# Goodbye my old boy Spike



## ArmyGuyDan

He was 11 years old, my folks had adopted him back in 2005 when he was less than a year old, he was a very mellow rabbit and was very laid back, was always nosy when you were vacuuming the rabbit room, always loved his hay and treats. over the past few weeks he was having seizures. Spike had his second one last night and was not recovering from it all too well. He went over and crawled into his box by the closet door and rested there for most part of today, went to check on him before I left the house and saw that he peacefully crossed over to the rainbow bridge.
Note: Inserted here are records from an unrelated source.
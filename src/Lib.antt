-- ===== src/Lib.antt =====
-- External database audit monitor: a verification of its core.
--
-- The program captures the changes of a monitored database and keeps them as evidence. A collector
-- reads the change log and checks with GTID sets that none is missing; events that cannot be
-- processed go to a dead-letter queue; every event is hashed over a canonical form; the evidence
-- writer chains the events of a segment by row hashes and seals it; the segments are stored in a
-- write-once store, linked to each other, signed and anchored; a verifier recomputes all of it.
--
-- The files and the code that they model:
--   Base: shared names, results, lists, texts, maps (a map keeps its keys in the order in which they
--     came, as a JavaScript `Map` does), and `Platform`, what the code takes from the runtime.
--   Canonical: packages/canonical/src/serialize.ts, hash.ts, chain.ts. Canonical/Json has the values
--     and `serializeCanonical`; Canonical/Hash has hash tokens and `rowHash`.
--   Cce: packages/cce-model/src/types.ts; Cce/Core and Cce/Verify are verify.ts, Cce/Order is order.ts
--     with `rowKeyHash` of packages/canonical/src/snapshot.ts.
--   Evidence: packages/evidence/src/types.ts; Evidence/Chain is chain.ts (`verifySegmentChain`),
--     Evidence/CrossSegment is cross-segment.ts (`verifyCrossSegment`), Evidence/Manifest is manifest.ts
--     (`buildSegmentManifest`), Evidence/AnchorPayload is anchor-payload.ts. Evidence/Fixture has test
--     data.
--   Writer: services/evidence-writer/src. Writer/Accumulator is `SegmentAccumulator` of accumulator.ts, on
--     the parts of Writer/Sealing and Writer/Prepared; Writer/Append is `EvidenceWriter` of writer.ts over
--     the store of Worm and the queue of Dlq; Writer/Establish and Writer/Seal are `establishChain` and
--     `SegmentSealer` of sealer.ts; Writer/Service is `EvidenceWriterService` of service.ts, which has the
--     accumulator, the sealer, a signer and an anchor provider behind `ingest` and `sweep`.
--   Worm: infra/worm/src/memory.ts and types.ts. A call takes the store and returns a result or the
--     error that it throws, with the store that it leaves; `run` performs a sequence of calls on the
--     three handles.
--   Signing/KeyRegistry: packages/signing/src/key-registry.ts.
--   Collector/GtidSet: services/cdc-collector/src/completeness/gtid.ts. Collector/Handoff: handoff.ts of
--     the same service.
--   Dlq: infra/dlq/src (types.ts, classify.ts, retry.ts, service.ts, alarms.ts); Dlq/Payload is hash.ts.
--   Anchoring/Cadence and Anchoring/Window: `CadencePolicy` and `UnanchoredWindowMonitor` of
--     services/anchoring/src/retry-cadence.ts; Anchoring/Overdue has what the monitor promises.
--     Anchoring/Token, Anchoring/Request and Anchoring/NoFabrication: types.ts and anchor-service.ts;
--     Anchoring/Record: anchor-record.ts; Anchoring/Identity and Anchoring/Coordinator: the anchor
--     identity, the record store and `AnchorCoordinator` of retry-cadence.ts.
--   Verifier: packages/verifier/src. Verifier/Segments is verify-segments.ts, Verifier/Report is
--     report.ts, verify-continuity.ts is Verifier/Continuity (`recomputeNoMissingSegment`),
--     Verifier/Crossing (`recomputeCrossSegment`; Verifier/Continued describes it without its lookup and
--     its sorting) and Verifier/Events (`recomputeNoMissingEvent`).
--     Verifier/Projection is verify-projection.ts; Verifier/Verify is verify.ts (`verifySegments`,
--     `verify`), where the checks of signatures and anchors are an argument.
--   Audit: the service, the store and the verifier together. Audit/Sealed is what one seal leaves,
--     Audit/Chain the links and numbers of segments against packages/verifier/src/verify-continuity.ts,
--     Audit/Run, Audit/Evidence and Audit/Served what the calls of the service leave.
--
-- Conventions: numbers are natural numbers; the lengths, sequence numbers and counts of the code stay
-- far below the largest safe integer, and the canonical form checks that bound itself. An instant is a
-- text, as in the code, and `Date.parse` is a parameter. SHA-256, NFC, the escaping of JSON and the
-- regular expressions are parameters; nothing is assumed of them but, where a theorem says so, that a
-- digest is 64 hex digits. No loop needs fuel: all are structural on lists; only the decimal form of a
-- number counts its digits down, with more steps than it has digits. The texts of error messages are
-- left out. An asynchronous method is one step, and calls are awaited one after another: the methods
-- of the in-memory store of infra/worm run without an await, but `record` of infra/dlq/src/service.ts
-- awaits a read and then a write, so that its theorems say nothing of calls that overlap. Of the anchor
-- coordinator the awaits are moves, between which others act, a call for a head in flight delivers
-- nothing of its own, since it shares the outcome, and a head is tried as often as the policy allows. SHA-1, the JSON-schema validations and the replies of the
-- anchor providers are parameters as well. Of the evidence writer these are the encoding of texts, the
-- validations of the contracts, the signer, the clocks and the text of an anchor record; its calls come
-- one at a time, and a call that throws keeps what it did before, but for the accumulator, which stays
-- as it was when its own call throws.
--
-- Not modelled: the adapters of databases, of PostgreSQL, of the object store, of the anchor providers
-- and of the hardware signer (input and output); the JSON-schema validation (a library); the
-- verifier's signatures and anchors; the completeness watcher; normalization, export and the proofs of
-- the transparency log; the command line.
pub mod Base
pub mod Canonical
pub mod Cce
pub mod Evidence
pub mod Writer
pub mod Worm
pub mod Signing
pub mod Collector
pub mod Dlq
pub mod Anchoring
pub mod Audit
pub mod Verifier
Goodbye Spike, gonna miss you bud, mom and dad miss you.


----------



## ArmyGuyDan

here's the first picture I took of Spike June 4th, 2005 when he first came to me, he hoped up on the couch and drumsticked out, was able to get the camera and get this photo


----------



## Nancy McClelland

I still remember getting the call from a woman who said somebody dumped him in their neighborhood and she took him in to keep him safe but couldn't keep. He was always such a laid back boy and never bothered anything or tore anything up, and always used his litter pan and didn't go anywhere else. The neat things were his coloring--looked like a Dutch ran into a Black Otter and he had such unique eyes--one was 1/3 blue and 2/3 brown and his other was the opposite at 2/3 blue and 1/3 brown. He was just an awesome bunny that some idiot discarded--their loss and our gain. In case anyone is wondering, we adopted a bunch and our son Daniel took care of some as we only had room for 17. So Spike was pretty much Dan's bunny and lived a long life with him. Goodbye my old man and rest in peace, binky free!:bunnyangel:


----------



## Azerane

I'm so sorry for your loss, what a beautiful and unique bunny he was. He certainly lived a good long life. Binky free, Spike.


----------



## Ivythelionhead

So sorry he's was a gorgeous boy.


----------



## ArmyGuyDan

it's been very painful since Spike left me, it's never been easy to cope with the death of a Bunny, especially when you're very attached to them


----------



## Nancy McClelland

Doesn't seem possible, but it's already been a year since you left. You were such a great little companion, always happy and so very friendly--I still can't comprehend why anyone could have been so stupid as to discard you, but it was definitely our gain. Rest in peace and binky free.


----------



## Nancy McClelland

Hello my little goof, sure do miss your antics. You and Commander were the neatest bunnies we've ever had--only used his litter box and went no where else. Binky free.


----------



## Lucky_2017

Sorry for your loss [emoji1356][emoji195]


----------



## Nancy McClelland

Another year gone, but you'll never be forgotten my little man.


----------



## Lokin4AReason

sending my sincere condolences and may they all binky away over that rainbow at where we ll meet them one day awaiting US ...


----------



## Nancy McClelland

Hi there bud, miss you a lot.


----------



## Nancy McClelland

Hi there my goofy boy, the room just feels empty without you in it.


----------



## CamelNewt528962

I am so sorry


----------



## Nancy McClelland

Six years already, where does the time go? Always remember how you'd get in behind your hay rack and sit there and eat--you definitely set the "strange behavior" bar high. You always were such a mellow and happy bunny, miss you a lot.


----------